### EXERCISE DIRECTIONS
From the records below, set down exactly the lines starting with the line that contains "Handled = Result" and going on through the line that contains "unfoldable pub open_cell". Nothing else is wanted.

== SUPPLIED RECORDS ==

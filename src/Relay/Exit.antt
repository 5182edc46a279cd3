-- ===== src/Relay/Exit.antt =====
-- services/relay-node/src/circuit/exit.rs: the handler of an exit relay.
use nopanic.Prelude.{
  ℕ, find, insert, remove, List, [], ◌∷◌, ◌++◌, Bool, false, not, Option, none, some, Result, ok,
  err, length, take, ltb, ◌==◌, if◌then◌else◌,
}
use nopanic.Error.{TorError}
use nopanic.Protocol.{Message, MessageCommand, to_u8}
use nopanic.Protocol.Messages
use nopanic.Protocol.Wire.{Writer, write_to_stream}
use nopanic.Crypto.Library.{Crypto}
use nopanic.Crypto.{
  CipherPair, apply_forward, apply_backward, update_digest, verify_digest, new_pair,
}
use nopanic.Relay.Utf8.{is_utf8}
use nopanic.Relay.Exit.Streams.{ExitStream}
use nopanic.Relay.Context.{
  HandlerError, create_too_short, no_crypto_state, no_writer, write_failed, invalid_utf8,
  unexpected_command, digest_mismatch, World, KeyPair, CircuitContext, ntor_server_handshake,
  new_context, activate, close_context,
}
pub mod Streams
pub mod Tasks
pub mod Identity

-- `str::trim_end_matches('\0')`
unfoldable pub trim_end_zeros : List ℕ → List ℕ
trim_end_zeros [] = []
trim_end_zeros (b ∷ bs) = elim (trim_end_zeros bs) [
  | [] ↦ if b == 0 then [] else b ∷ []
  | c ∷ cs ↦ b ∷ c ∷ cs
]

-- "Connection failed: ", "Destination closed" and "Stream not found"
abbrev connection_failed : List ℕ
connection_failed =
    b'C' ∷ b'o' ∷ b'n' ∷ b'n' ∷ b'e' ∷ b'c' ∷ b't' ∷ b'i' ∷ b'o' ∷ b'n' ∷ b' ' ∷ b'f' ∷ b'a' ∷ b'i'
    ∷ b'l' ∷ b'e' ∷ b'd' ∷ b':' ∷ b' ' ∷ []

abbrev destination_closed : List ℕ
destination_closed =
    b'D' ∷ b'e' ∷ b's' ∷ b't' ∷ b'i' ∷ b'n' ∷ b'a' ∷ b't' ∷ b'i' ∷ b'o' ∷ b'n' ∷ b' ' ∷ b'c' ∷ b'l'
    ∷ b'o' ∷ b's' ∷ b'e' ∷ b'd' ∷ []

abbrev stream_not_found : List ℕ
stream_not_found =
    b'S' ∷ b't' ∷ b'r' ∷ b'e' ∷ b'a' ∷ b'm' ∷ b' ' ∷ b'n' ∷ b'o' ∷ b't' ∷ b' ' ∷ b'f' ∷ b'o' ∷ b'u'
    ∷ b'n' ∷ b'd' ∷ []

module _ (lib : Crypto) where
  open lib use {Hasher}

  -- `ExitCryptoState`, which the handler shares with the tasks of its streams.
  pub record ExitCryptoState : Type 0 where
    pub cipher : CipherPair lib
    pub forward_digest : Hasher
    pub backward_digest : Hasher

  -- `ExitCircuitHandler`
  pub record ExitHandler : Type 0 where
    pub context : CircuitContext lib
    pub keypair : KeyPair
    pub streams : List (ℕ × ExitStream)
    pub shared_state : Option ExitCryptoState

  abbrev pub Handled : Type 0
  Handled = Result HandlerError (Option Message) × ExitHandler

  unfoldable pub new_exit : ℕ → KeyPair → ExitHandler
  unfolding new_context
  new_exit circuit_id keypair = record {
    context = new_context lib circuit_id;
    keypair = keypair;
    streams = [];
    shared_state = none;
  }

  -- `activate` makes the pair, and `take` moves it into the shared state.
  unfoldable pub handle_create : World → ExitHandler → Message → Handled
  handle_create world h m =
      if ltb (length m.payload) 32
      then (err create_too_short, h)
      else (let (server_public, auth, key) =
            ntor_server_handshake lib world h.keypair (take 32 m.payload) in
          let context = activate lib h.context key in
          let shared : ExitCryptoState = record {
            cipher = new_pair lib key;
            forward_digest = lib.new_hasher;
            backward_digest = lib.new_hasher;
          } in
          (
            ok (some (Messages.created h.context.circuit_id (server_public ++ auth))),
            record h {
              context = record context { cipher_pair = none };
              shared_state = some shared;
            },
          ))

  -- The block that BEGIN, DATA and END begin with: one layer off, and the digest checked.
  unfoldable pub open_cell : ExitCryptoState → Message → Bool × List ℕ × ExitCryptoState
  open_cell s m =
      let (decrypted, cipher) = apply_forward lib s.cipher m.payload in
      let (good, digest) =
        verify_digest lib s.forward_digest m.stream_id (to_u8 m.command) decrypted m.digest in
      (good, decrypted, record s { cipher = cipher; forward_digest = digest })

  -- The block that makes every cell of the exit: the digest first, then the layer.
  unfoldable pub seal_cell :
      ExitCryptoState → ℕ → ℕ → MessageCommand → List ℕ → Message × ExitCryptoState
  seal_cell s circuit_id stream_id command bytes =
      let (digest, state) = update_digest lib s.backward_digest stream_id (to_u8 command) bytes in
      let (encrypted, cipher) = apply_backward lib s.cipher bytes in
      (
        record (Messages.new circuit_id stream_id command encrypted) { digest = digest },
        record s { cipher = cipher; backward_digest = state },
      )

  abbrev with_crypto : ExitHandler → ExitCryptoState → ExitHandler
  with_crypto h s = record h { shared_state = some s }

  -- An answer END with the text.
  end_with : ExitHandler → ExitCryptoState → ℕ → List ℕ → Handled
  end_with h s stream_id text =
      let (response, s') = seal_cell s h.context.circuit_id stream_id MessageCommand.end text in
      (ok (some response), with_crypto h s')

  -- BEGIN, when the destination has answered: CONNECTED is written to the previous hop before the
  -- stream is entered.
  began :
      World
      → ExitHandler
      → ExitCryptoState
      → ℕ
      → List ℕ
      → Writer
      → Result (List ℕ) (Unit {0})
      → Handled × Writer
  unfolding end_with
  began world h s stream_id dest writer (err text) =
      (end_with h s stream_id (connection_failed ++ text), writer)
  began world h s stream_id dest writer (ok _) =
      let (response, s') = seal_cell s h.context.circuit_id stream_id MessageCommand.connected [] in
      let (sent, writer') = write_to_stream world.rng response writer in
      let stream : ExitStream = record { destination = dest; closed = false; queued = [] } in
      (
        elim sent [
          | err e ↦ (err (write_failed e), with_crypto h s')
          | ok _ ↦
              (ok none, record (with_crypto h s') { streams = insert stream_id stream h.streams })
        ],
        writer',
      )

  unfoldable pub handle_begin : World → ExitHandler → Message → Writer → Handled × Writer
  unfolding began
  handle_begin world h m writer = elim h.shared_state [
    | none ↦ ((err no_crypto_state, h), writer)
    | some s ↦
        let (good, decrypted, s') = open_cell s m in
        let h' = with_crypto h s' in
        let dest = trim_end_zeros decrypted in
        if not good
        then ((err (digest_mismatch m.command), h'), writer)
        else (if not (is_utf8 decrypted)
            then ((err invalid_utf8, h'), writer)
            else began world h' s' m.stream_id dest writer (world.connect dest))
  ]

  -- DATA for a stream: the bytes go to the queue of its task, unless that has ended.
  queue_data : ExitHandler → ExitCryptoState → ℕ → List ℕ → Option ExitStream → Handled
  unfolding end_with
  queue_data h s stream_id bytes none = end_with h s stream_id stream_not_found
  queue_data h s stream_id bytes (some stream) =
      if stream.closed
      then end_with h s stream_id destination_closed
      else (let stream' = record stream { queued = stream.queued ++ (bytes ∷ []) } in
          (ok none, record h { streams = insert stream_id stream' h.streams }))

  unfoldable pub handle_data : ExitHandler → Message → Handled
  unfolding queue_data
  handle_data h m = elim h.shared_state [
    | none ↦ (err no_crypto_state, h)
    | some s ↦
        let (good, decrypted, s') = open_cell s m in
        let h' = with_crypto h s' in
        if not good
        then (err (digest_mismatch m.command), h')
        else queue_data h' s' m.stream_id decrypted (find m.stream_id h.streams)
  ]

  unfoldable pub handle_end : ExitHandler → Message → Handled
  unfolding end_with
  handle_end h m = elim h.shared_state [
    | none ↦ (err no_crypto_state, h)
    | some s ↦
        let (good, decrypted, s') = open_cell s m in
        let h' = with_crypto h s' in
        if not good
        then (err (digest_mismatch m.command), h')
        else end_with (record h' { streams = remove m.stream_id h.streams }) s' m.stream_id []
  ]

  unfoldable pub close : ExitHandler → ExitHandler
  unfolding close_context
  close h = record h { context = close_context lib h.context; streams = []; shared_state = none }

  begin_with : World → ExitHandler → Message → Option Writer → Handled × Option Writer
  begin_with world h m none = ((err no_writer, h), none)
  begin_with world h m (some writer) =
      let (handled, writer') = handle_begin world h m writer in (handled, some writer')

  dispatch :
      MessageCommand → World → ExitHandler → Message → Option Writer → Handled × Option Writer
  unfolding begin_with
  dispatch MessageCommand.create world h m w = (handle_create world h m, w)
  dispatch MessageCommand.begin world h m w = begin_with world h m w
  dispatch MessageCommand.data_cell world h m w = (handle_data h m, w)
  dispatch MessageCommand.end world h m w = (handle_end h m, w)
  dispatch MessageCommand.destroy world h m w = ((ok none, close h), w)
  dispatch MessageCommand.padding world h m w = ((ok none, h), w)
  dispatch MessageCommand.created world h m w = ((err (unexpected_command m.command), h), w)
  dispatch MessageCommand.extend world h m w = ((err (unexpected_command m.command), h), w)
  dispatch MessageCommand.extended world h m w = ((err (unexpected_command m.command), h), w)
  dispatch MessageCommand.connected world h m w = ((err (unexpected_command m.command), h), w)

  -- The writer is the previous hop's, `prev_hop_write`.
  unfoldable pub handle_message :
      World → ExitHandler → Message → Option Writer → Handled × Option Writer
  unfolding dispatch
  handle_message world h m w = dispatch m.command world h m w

===

### WORKED SOLUTION
  Handled = Result HandlerError (Option Message) × ExitHandler

  unfoldable pub new_exit : ℕ → KeyPair → ExitHandler
  unfolding new_context
  new_exit circuit_id keypair = record {
    context = new_context lib circuit_id;
    keypair = keypair;
    streams = [];
    shared_state = none;
  }

  -- `activate` makes the pair, and `take` moves it into the shared state.
  unfoldable pub handle_create : World → ExitHandler → Message → Handled
  handle_create world h m =
      if ltb (length m.payload) 32
      then (err create_too_short, h)
      else (let (server_public, auth, key) =
            ntor_server_handshake lib world h.keypair (take 32 m.payload) in
          let context = activate lib h.context key in
          let shared : ExitCryptoState = record {
            cipher = new_pair lib key;
            forward_digest = lib.new_hasher;
            backward_digest = lib.new_hasher;
          } in
          (
            ok (some (Messages.created h.context.circuit_id (server_public ++ auth))),
            record h {
              context = record context { cipher_pair = none };
              shared_state = some shared;
            },
          ))

  -- The block that BEGIN, DATA and END begin with: one layer off, and the digest checked.
  unfoldable pub open_cell : ExitCryptoState → Message → Bool × List ℕ × ExitCryptoState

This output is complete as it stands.